Is there a central brain area for hearing melodies and speech cues? Still an open question
Previous studies have suggested a particular hotspot in the brain might be responsible for perceiving pitch, but auditory neuroscientists are still debating whether this "pitch center" actually exists. A review article discusses a recent study claiming that this pitch center may not exist after all, or may not be located where previous research has suggested.

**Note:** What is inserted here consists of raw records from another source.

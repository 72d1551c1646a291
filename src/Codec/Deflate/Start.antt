-- ===== src/Codec/Deflate/Start.antt =====
-- src/codec_deflate.c: a state that was made is sound, and the three vtables are codecs for the driver.
use zukomp.Base.{
  ℕ, ◌<◌, ◌≡◌, refl, subst, ◌⊎◌, inl, inr, Bool, true, false, not, Option, some, if◌then◌else◌,
  if_elim, some-injective, none-ne-some, arith,
}
use zukomp.Base.Int.{ℤ, eq_ℤ}
use zukomp.Types.{Status, ok, code, Vtable, EncoderOpts, DecoderOpts, level_default}
use zukomp.Stream.Check.{call}
use zukomp.Stream.Contract.{KeepsCursors}
use zukomp.Stream.Decoder.Handle.{IsDecoder}
use zukomp.Stream.Encoder.Handle.{IsEncoder}
use zukomp.Codec.Miniz.{
  Code, mz_ok, mz_stream_end, mz_buf_error, mz_data_error, mz_mem_error, mz_param_error,
  mz_stream_error, mz_need_dict, mz_other, Engine, Bounded, starts,
}
use zukomp.Codec.Deflate.{Deflate, Wrap, raw, zlib, gzip, from_mz}
use zukomp.Codec.Deflate.Life.{deflate_new, opened, mz_default_level}
use zukomp.Codec.Deflate.Sound.{Sound, fits_first, length-own_header}
use zukomp.Codec.Deflate.Process.{deflate_process}
use zukomp.Codec.Deflate.Returns.{process-KeepsCursors}
use zukomp.Codec.Deflate.Codecs.{raw_vtable, zlib_vtable, gzip_vtable}

module _ {M : Type 0} (e : Engine M) where
  abbrev Made : Status × Option (Deflate M) → Type 0
  Made r = (r.0 ≡ ok ⊎ 3 < code r.0) × ((s : Deflate M) → r.1 ≡ some s → Sound s)

  opened-Made :
      (wrap : Wrap) (encoder : Bool) (level : ℤ) (flags : ℕ) (mz : Code) (m : M)
      → starts mz ≡ true
      → Made (opened e wrap encoder level flags (mz, m))
  unfolding opened from_mz
  opened-Made wrap encoder level flags mz_ok m h = (
    inl refl,
    λ s eq. subst Sound (some-injective _ s eq) (record {
      fitting = fits_first encoder wrap;
      hdr_is = refl;
      hdr_in = omega arith;
      hdr_room = length-own_header encoder wrap level _;
      tail_is = refl;
      tail_in = omega arith;
      tail_room = refl;
    }),
  )
  opened-Made wrap encoder level flags mz_mem_error m h =
      (inr (omega arith), λ s eq. absurd (none-ne-some s eq))
  opened-Made wrap encoder level flags mz_param_error m h =
      (inr (omega arith), λ s eq. absurd (none-ne-some s eq))
  opened-Made wrap encoder level flags mz_stream_error m h =
      (inr (omega arith), λ s eq. absurd (none-ne-some s eq))
  opened-Made wrap encoder level flags mz_stream_end m h = absurd (ground arith)
  opened-Made wrap encoder level flags mz_buf_error m h = absurd (ground arith)
  opened-Made wrap encoder level flags mz_data_error m h = absurd (ground arith)
  opened-Made wrap encoder level flags mz_need_dict m h = absurd (ground arith)
  opened-Made wrap encoder level flags mz_other m h = absurd (ground arith)

  -- Where miniz starts a stream or documents why not, `zu_int_deflate_new` answers ZU_OK or an error,
  -- for every wrapper, direction, level and flags and also where `calloc` fails, and a state that it
  -- makes is sound.
  pub new-Sound :
      Bounded e
      → (mem : Bool) (wrap : Wrap) (encoder : Bool) (level : ℤ) (flags : ℕ)
      → let r = deflate_new e mem wrap encoder level flags in
        (r.0 ≡ ok ⊎ 3 < code r.0) × ((s : Deflate M) → r.1 ≡ some s → Sound s)
  unfolding deflate_new
  new-Sound law mem wrap encoder level flags =
      let own = if eq_ℤ level level_default then mz_default_level else level in
      if_elim Made (not mem) (inr (omega arith), λ s eq. absurd (none-ne-some s eq))
        (if_elim (λ (r : Code × M). Made (opened e wrap encoder own flags r)) encoder
          (opened-Made wrap encoder own flags _ (e.deflate_init own).1 (law.deflate_starts own))
          (opened-Made wrap encoder own flags _ e.inflate_init.1 law.inflate_starts))

  -- The three vtables.
  unfoldable pub IsFamily : Bool → Vtable (Deflate M) → Type 0
  IsFamily mem v = (v ≡ raw_vtable e mem) ⊎ (v ≡ zlib_vtable e mem) ⊎ (v ≡ gzip_vtable e mem)

  module _ (law : Bounded e) (mem : Bool) where
    decodes :
        (wrap : Wrap) (f : DecoderOpts → Status × Option (Deflate M)) (o : DecoderOpts)
        → some (λ (o : DecoderOpts). deflate_new e mem wrap false level_default o.flags) ≡ some f
        → (f o).0 ≡ ok ⊎ 3 < code (f o).0
    decodes wrap f o eq =
        subst (λ (g : DecoderOpts → Status × Option (Deflate M)). (g o).0 ≡ ok ⊎ 3 < code (g o).0)
          (some-injective _ f eq) (new-Sound law mem wrap false level_default o.flags).0

    encodes :
        (wrap : Wrap) (f : EncoderOpts → Status × Option (Deflate M)) (o : EncoderOpts)
        → some (λ (o : EncoderOpts). deflate_new e mem wrap true o.level 0) ≡ some f
        → (f o).0 ≡ ok ⊎ 3 < code (f o).0
    encodes wrap f o eq =
        subst (λ (g : EncoderOpts → Status × Option (Deflate M)). (g o).0 ≡ ok ⊎ 3 < code (g o).0)
          (some-injective _ f eq) (new-Sound law mem wrap true o.level 0).0

    processes : KeepsCursors (call (some (deflate_process e)))
    processes = record { at = (process-KeepsCursors e law).at }

    pub family-IsDecoder : (v : Vtable (Deflate M)) → IsFamily mem v → IsDecoder v
    unfolding raw_vtable zlib_vtable gzip_vtable IsFamily
    family-IsDecoder v (inl q) = rw q (record { process = processes; constructs = decodes raw })
    family-IsDecoder v (inr (inl q)) =
        rw q (record { process = processes; constructs = decodes zlib })
    family-IsDecoder v (inr (inr q)) =
        rw q (record { process = processes; constructs = decodes gzip })

    pub family-IsEncoder : (v : Vtable (Deflate M)) → IsFamily mem v → IsEncoder v
    unfolding raw_vtable zlib_vtable gzip_vtable IsFamily
    family-IsEncoder v (inl q) = rw q (record { process = processes; constructs = encodes raw })
    family-IsEncoder v (inr (inl q)) =
        rw q (record { process = processes; constructs = encodes zlib })
    family-IsEncoder v (inr (inr q)) =
        rw q (record { process = processes; constructs = encodes gzip })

The perceptual feature of sound known as pitch is fundamental to human hearing, allowing us to enjoy the melodies and harmonies of music and recognize the inflection of speech. Previous studies have suggested that a particular hotspot in the brain might be responsible for perceiving pitch. However, auditory neuroscientists are still hotly debating whether this "pitch center" actually exists. In a new review article, Daniel Bendor, Ph.D., of the Massachusetts Institute of Technology, discusses a recent study claiming that this pitch center may not exist after all, or alternatively, may not be located where previous research has suggested. The article is entitled "Does a Pitch Center Exist in Auditory Cortex?"and appears in the Articles in PresS section of the Journal of Neurophysiology, published by the American Physiological Society.
Dr. Bendor writes a brief review outlining previous research that found a pitch processing center in a region of human auditory cortex located in lateral Heschl's gyrus, as well as other more recent studies that report data that contradict these earlier findings.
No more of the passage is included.